**WORK ORDER:** In the listing below, the line containing "use mathlib.Core.Option" marks the end; copy exactly every line from the first through that one.

--------

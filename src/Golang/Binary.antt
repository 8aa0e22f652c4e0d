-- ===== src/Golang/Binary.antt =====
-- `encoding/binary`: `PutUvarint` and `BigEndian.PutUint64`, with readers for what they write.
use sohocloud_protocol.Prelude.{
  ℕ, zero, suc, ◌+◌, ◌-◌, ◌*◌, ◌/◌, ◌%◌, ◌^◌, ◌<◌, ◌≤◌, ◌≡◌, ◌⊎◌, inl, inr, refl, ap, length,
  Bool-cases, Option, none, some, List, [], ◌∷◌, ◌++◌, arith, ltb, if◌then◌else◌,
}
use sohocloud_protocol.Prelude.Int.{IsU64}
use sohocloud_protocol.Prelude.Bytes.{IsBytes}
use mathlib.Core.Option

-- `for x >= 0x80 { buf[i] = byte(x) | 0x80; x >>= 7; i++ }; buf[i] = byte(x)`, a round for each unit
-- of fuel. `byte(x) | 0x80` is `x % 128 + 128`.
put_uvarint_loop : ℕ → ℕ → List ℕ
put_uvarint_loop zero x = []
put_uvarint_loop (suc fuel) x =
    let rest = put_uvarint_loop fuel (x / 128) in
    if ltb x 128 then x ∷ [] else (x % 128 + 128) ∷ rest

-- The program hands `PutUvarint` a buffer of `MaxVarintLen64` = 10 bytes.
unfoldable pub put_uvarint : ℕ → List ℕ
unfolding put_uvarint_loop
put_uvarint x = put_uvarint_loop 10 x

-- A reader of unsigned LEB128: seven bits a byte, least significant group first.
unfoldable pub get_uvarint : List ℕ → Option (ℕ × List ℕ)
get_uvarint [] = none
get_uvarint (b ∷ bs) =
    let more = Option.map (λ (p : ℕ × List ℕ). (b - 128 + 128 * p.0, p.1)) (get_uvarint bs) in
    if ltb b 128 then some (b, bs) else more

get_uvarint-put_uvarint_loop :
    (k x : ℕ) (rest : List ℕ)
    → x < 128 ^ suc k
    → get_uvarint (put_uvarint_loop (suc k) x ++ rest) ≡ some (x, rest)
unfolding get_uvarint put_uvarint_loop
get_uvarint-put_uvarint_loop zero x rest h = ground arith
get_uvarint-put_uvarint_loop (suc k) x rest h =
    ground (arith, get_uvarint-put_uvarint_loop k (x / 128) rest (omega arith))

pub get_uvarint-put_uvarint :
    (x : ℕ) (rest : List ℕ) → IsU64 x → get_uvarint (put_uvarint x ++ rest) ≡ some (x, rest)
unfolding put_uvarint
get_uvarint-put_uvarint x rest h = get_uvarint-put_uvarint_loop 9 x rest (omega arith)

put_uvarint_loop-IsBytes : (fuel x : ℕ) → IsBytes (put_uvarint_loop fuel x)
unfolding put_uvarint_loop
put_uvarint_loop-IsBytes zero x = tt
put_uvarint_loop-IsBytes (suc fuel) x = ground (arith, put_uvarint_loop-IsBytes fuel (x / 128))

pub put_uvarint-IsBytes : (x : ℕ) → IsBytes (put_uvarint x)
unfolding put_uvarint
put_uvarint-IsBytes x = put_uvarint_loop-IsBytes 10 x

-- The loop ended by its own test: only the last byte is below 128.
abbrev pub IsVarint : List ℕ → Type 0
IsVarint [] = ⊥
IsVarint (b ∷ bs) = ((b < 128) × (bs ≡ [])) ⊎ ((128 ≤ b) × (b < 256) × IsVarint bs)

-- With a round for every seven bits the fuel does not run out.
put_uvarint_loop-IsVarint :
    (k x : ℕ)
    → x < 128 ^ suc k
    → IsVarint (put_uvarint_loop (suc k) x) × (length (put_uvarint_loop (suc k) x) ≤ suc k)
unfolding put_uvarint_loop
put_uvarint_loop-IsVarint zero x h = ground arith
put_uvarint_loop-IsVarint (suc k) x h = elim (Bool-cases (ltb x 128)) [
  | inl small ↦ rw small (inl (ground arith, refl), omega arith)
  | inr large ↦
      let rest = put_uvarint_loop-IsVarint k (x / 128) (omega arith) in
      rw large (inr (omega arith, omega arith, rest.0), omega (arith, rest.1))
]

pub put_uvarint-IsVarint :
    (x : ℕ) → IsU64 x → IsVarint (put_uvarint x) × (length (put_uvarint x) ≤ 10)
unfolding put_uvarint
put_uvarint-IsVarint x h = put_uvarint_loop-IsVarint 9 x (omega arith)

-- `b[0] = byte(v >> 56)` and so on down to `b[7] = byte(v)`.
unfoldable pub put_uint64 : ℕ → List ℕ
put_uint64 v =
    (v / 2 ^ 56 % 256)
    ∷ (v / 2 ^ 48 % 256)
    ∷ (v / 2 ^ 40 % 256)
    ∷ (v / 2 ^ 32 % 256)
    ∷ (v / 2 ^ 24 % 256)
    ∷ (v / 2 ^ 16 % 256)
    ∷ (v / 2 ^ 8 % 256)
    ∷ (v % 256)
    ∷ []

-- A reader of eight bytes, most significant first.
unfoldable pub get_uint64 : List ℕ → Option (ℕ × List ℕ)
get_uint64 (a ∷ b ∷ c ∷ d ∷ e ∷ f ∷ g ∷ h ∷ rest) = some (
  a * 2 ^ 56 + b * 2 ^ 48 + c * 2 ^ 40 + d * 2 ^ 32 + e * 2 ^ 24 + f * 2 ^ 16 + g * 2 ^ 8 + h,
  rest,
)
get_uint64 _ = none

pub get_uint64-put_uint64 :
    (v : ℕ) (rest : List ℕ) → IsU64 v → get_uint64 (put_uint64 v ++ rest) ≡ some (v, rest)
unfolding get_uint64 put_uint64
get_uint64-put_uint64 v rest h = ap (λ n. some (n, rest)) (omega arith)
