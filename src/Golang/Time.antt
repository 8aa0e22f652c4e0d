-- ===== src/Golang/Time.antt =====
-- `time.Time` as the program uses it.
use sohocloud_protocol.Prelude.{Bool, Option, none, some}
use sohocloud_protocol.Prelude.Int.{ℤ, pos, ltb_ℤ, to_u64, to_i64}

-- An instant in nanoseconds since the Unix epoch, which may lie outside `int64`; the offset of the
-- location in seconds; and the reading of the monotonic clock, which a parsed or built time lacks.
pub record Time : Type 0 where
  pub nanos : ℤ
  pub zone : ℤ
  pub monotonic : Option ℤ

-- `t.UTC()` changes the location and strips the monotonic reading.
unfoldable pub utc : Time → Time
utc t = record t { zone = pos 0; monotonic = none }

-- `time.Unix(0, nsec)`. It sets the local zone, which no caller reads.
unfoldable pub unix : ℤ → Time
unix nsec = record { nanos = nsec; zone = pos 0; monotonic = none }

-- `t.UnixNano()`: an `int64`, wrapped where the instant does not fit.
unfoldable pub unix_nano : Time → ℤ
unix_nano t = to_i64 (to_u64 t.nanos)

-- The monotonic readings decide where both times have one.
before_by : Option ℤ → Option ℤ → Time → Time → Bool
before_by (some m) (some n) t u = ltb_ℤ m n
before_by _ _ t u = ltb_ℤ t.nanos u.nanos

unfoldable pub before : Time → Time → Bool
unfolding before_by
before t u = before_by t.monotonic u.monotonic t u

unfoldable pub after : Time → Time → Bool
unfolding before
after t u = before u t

--------

**EXERCISE RESPONSE:**
filename src/Golang/Binary.antt
repository 8aa0e22f652c4e0d
-- ===== src/Golang/Binary.antt =====
-- `encoding/binary`: `PutUvarint` and `BigEndian.PutUint64`, with readers for what they write.
use sohocloud_protocol.Prelude.{
  ℕ, zero, suc, ◌+◌, ◌-◌, ◌*◌, ◌/◌, ◌%◌, ◌^◌, ◌<◌, ◌≤◌, ◌≡◌, ◌⊎◌, inl, inr, refl, ap, length,
  Bool-cases, Option, none, some, List, [], ◌∷◌, ◌++◌, arith, ltb, if◌then◌else◌,
}
use sohocloud_protocol.Prelude.Int.{IsU64}
use sohocloud_protocol.Prelude.Bytes.{IsBytes}
use mathlib.Core.Option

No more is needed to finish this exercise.